• **Required work**:
Take from the listing each line that has the string "State".

• **Available data**:
━━━
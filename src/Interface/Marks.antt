-- ===== src/Interface/Marks.antt =====
-- `mark` of src/userthreadctx_t.cpp where no line is marked in the bitmap of the other epoch.
use escort.Prelude.{
  ℕ, zero, suc, ◌+◌, ◌-◌, ◌%◌, ◌≤◌, ◌≡◌, ◌≢◌, ◌⊎◌, refl, ap, ◌∙◌, inl, inr, Bool, true, false, not,
  ◌||◌, ◌&&◌, some, if◌then◌else◌, update, ltb, leb, Bool-cases, ==_iff, arith,
}
use escort.Address.{cache_line_size, dram_base, line_addr, add_addr, get_index}
use escort.Bitmap
use escort.Bitmap.{is_set}
use escort.World.{World, put, curr_of}
use escort.RedoLog.{RedoLogs}
use escort.Userthread.{num_bits_of, copy_on_write, mark_line, mark_lines, mark}
use escort.Userthread.Mark.{byte_line}
use escort.Interface.Regions.{listed_too}

module _ (L : RedoLogs) (i : ℕ) (c : Bool) where
  open L use {State}

  -- What the loop leaves, from line `index` on over `n` lines.
  record Alone (index n : ℕ) (has_set : Bool) (w w' : World State) : Type 0 where
    bits :
        (x : ℕ)
        → is_set (w'.bitmap c) x
          ≡ (if leb index x && ltb x (index + n) then true else is_set (w.bitmap c) x)
    others : (x : ℕ) → is_set (w'.bitmap (not c)) x ≡ false
    news : has_set ≡ false → (x : ℕ) → is_set (w'.bitmap c) x ≡ is_set (w.bitmap c) x
    same_dram : w'.dram ≡ w.dram
    same_nvm : w'.nvm ≡ w.nvm
    same_logs : w'.logs ≡ w.logs
    same_list : w'.addrlist ≡ w.addrlist
    same_epoch : w'.global_epoch ≡ w.global_epoch
    same_threads : w'.thread_epoch ≡ w.thread_epoch

  mark_line-Alone :
      (addr index : ℕ) (w : World State)
      → ((x : ℕ) → is_set (w.bitmap (not c)) x ≡ false)
      → (r : Bool × World State) × (mark_line L i c addr index w ≡ some r) × Alone index 1 r.0 w r.1
  unfolding mark_line copy_on_write Bitmap.set
  mark_line-Alone addr index w clear = elim (Bool-cases (is_set (w.bitmap c) index)) [
    | inl marked ↦ (
      (false, w),
      ground arith,
      record {
        bits = λ x. ground (arith, ==_iff index x);
        others = clear;
        news = λ h x. refl;
        same_dram = refl;
        same_nvm = refl;
        same_logs = refl;
        same_list = refl;
        same_epoch = refl;
        same_threads = refl;
      },
    )
    | inr new ↦ (
      (
        true,
        record w {
          bitmap =
              put c (record (w.bitmap c) { bitmap = update (w.bitmap c).bitmap index true })
                w.bitmap;
        },
      ),
      ground (arith, clear index),
      record {
        bits = λ x. ground (arith, Bool-cases c, ==_iff index x);
        others = λ x. ground (arith, Bool-cases c, clear x);
        news = λ h x. cc;
        same_dram = refl;
        same_nvm = refl;
        same_logs = refl;
        same_list = refl;
        same_epoch = refl;
        same_threads = refl;
      },
    )
  ]

  mark_lines-Alone :
      (n addr index : ℕ) (flag : Bool) (w : World State)
      → ((x : ℕ) → is_set (w.bitmap (not c)) x ≡ false)
      → (b : Bool) × (w' : World State) × (mark_lines L n i c addr index flag w
          ≡ some (flag || b, w'))
        × Alone index n b w w'
  unfolding mark_lines
  mark_lines-Alone zero addr index flag w clear = (
    false,
    w,
    ground (arith, Bool-cases flag),
    record {
      bits = λ x. ground arith;
      others = clear;
      news = λ h x. refl;
      same_dram = refl;
      same_nvm = refl;
      same_logs = refl;
      same_list = refl;
      same_epoch = refl;
      same_threads = refl;
    },
  )
  mark_lines-Alone (suc n) addr index flag w clear =
      let ((set, w₁), e₁, a) = mark_line-Alone addr index w clear in
      let (b, w₂, e₂, rest) =
        mark_lines-Alone n (add_addr addr cache_line_size) (suc index) (flag || set) w₁ a.others in
      (
        set || b,
        w₂,
        ground (arith, e₁, e₂, Bool-cases flag, Bool-cases set),
        record {
          bits = λ x. ground (arith, a.bits x, rest.bits x);
          others = rest.others;
          news = λ h x.
              rest.news (ground (arith, h, Bool-cases set)) x
              ∙ a.news (ground (arith, h, Bool-cases set)) x;
          same_dram = rest.same_dram ∙ a.same_dram;
          same_nvm = rest.same_nvm ∙ a.same_nvm;
          same_logs = rest.same_logs ∙ a.same_logs;
          same_list = rest.same_list ∙ a.same_list;
          same_epoch = rest.same_epoch ∙ a.same_epoch;
          same_threads = rest.same_threads ∙ a.same_threads;
        },
      )

module _ (L : RedoLogs) where
  open L use {State}

  -- A call of `mark` in an operation of parity `c`: it sets the bits of the region, and if it has set one
  -- puts the region on the list of the thread.
  pub record MarkedAlone (i : ℕ) (c : Bool) (l n : ℕ) (w w' : World State) : Type 0 where
    pub bits :
        (x : ℕ)
        → is_set (w'.bitmap c) x
          ≡ (if leb l x && ltb x (l + n) then true else is_set (w.bitmap c) x)
    pub others : (x : ℕ) → is_set (w'.bitmap (not c)) x ≡ false
    pub same_dram : w'.dram ≡ w.dram
    pub same_nvm : w'.nvm ≡ w.nvm
    pub same_logs : w'.logs ≡ w.logs
    pub same_epoch : w'.global_epoch ≡ w.global_epoch
    pub same_threads : w'.thread_epoch ≡ w.thread_epoch
    pub lists :
        ((w'.addrlist ≡ w.addrlist) × ((x : ℕ) → is_set (w'.bitmap c) x ≡ is_set (w.bitmap c) x))
        ⊎ (w'.addrlist ≡ listed_too i c (line_addr l, n) w.addrlist)

  pub mark-MarkedAlone :
      (i addr size : ℕ) (w : World State)
      → w.thread_epoch i ≢ 0
      → dram_base ≤ addr
      → ((x : ℕ) → is_set (w.bitmap (not (curr_of (w.thread_epoch i)))) x ≡ false)
      → (w' : World State) × (mark L i addr size w ≡ some w')
        × MarkedAlone i (curr_of (w.thread_epoch i)) (byte_line addr) (num_bits_of size) w w'
  unfolding mark get_index
  mark-MarkedAlone i addr size w inside low clear =
      let c : Bool = curr_of (w.thread_epoch i) in
      let base : ℕ = addr - addr % cache_line_size in
      let (b, w₁, e, a) =
        mark_lines-Alone L i c (num_bits_of size) base (byte_line addr) false w clear in
      elim (Bool-cases b) [
        | inr none_set ↦ (
          w₁,
          ground (arith, e, ==_iff (w.thread_epoch i) 0),
          record {
            bits = a.bits;
            others = a.others;
            same_dram = a.same_dram;
            same_nvm = a.same_nvm;
            same_logs = a.same_logs;
            same_epoch = a.same_epoch;
            same_threads = a.same_threads;
            lists = inl (a.same_list, a.news none_set);
          },
        )
        | inl some_set ↦ (
          record w₁ { addrlist = listed_too i c (base, num_bits_of size) w₁.addrlist },
          ground (arith, e, ==_iff (w.thread_epoch i) 0),
          record {
            bits = a.bits;
            others = a.others;
            same_dram = a.same_dram;
            same_nvm = a.same_nvm;
            same_logs = a.same_logs;
            same_epoch = a.same_epoch;
            same_threads = a.same_threads;
            lists = inr (
                ap (λ b. listed_too i c (b, num_bits_of size) w₁.addrlist) (base_of addr low)
                ∙ ap (λ t. listed_too i c (line_addr (byte_line addr), num_bits_of size) t)
                    a.same_list);
          },
        )
      ]
    where
      base_of :
          (addr : ℕ) → dram_base ≤ addr → addr - addr % cache_line_size ≡ line_addr (byte_line addr)
      base_of addr low = omega arith
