-- ===== src/Interface/Rules.antt =====
-- The rules by which a program calls the library, and what its calls store.
use escort.Prelude.{
  ℕ, ◌+◌, ◌*◌, ◌/◌, ◌%◌, ◌^◌, ◌≤◌, ◌<◌, ◌≡◌, Bool, true, false, some, List, [], ◌∷◌, update, count,
  length,
}
use escort.Address.{cache_line_size, dram_base, num_lines}
use escort.Plog.{Memory}
use escort.Userthread.{num_bits_of}
use escort.Userthread.Mark.{byte_line}
use escort.Interface.{Ctx, assign, Call, begin_op_call, end_op_call, write_region_call, pwrite_call}

-- A call by a thread within an operation, or outside of one, is allowed; a `pwrite` on an object that
-- takes no more lines than its size says.
abbrev pub Allowed : (ℕ → Bool) → ℕ → Call → Type 0
Allowed inside i begin_op_call = inside i ≡ false
Allowed inside i end_op_call = inside i ≡ true
Allowed inside i (write_region_call addr size) =
    (inside i ≡ true) × (dram_base ≤ addr) × (byte_line addr + num_bits_of size ≤ num_lines)
Allowed inside i (pwrite_call addr val) =
    (inside i ≡ true)
    × (dram_base ≤ addr)
    × (byte_line addr + num_bits_of (length val) ≤ num_lines)
    × (length val < 2 ^ 63)
    × (addr % cache_line_size + length val ≤ (length val + 63) / 64 * cache_line_size)

abbrev pub inside_after : ℕ → Call → (ℕ → Bool) → ℕ → Bool
inside_after i begin_op_call inside = update inside i true
inside_after i end_op_call inside = update inside i false
inside_after i (write_region_call addr size) inside = inside
inside_after i (pwrite_call addr val) inside = inside

-- How many lines a call may put on a list, and what it stores.
abbrev pub cost : Call → ℕ
cost begin_op_call = 0
cost end_op_call = 0
cost (write_region_call addr size) = num_bits_of size
cost (pwrite_call addr val) = num_bits_of (length val)

abbrev pub stores : Call → Memory → Memory
stores begin_op_call dram = dram
stores end_op_call dram = dram
stores (write_region_call addr size) dram = dram
stores (pwrite_call addr val) dram = assign addr val dram

-- The calls of a program keep to the rules, one after the other.
abbrev pub Proper : List ℕ → (ℕ → Bool) → List (Ctx × Call) → Type 0
Proper ctxs inside [] = Unit
Proper ctxs inside ((ctx, k) ∷ rest) =
    (i : ℕ) × (ctx ≡ some i)
    × (0 < count i ctxs)
    × Allowed inside i k
    × Proper ctxs (inside_after i k inside) rest

abbrev pub total_cost : List (Ctx × Call) → ℕ
total_cost [] = 0
total_cost ((ctx, k) ∷ rest) = cost k + total_cost rest

-- The DRAM after all stores of a program.
abbrev pub all_stores : List (Ctx × Call) → Memory → Memory
all_stores [] dram = dram
all_stores ((ctx, k) ∷ rest) dram = all_stores rest (stores k dram)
━━━
• **Solution**:
  open L use {State}
  record Alone (index n : ℕ) (has_set : Bool) (w w' : World State) : Type 0 where
      (addr index : ℕ) (w : World State)
      → (r : Bool × World State) × (mark_line L i c addr index w ≡ some r) × Alone index 1 r.0 w r.1
      (n addr index : ℕ) (flag : Bool) (w : World State)
      → (b : Bool) × (w' : World State) × (mark_lines L n i c addr index flag w
  open L use {State}
  pub record MarkedAlone (i : ℕ) (c : Bool) (l n : ℕ) (w w' : World State) : Type 0 where
      (i addr size : ℕ) (w : World State)
      → (w' : World State) × (mark L i addr size w ≡ some w')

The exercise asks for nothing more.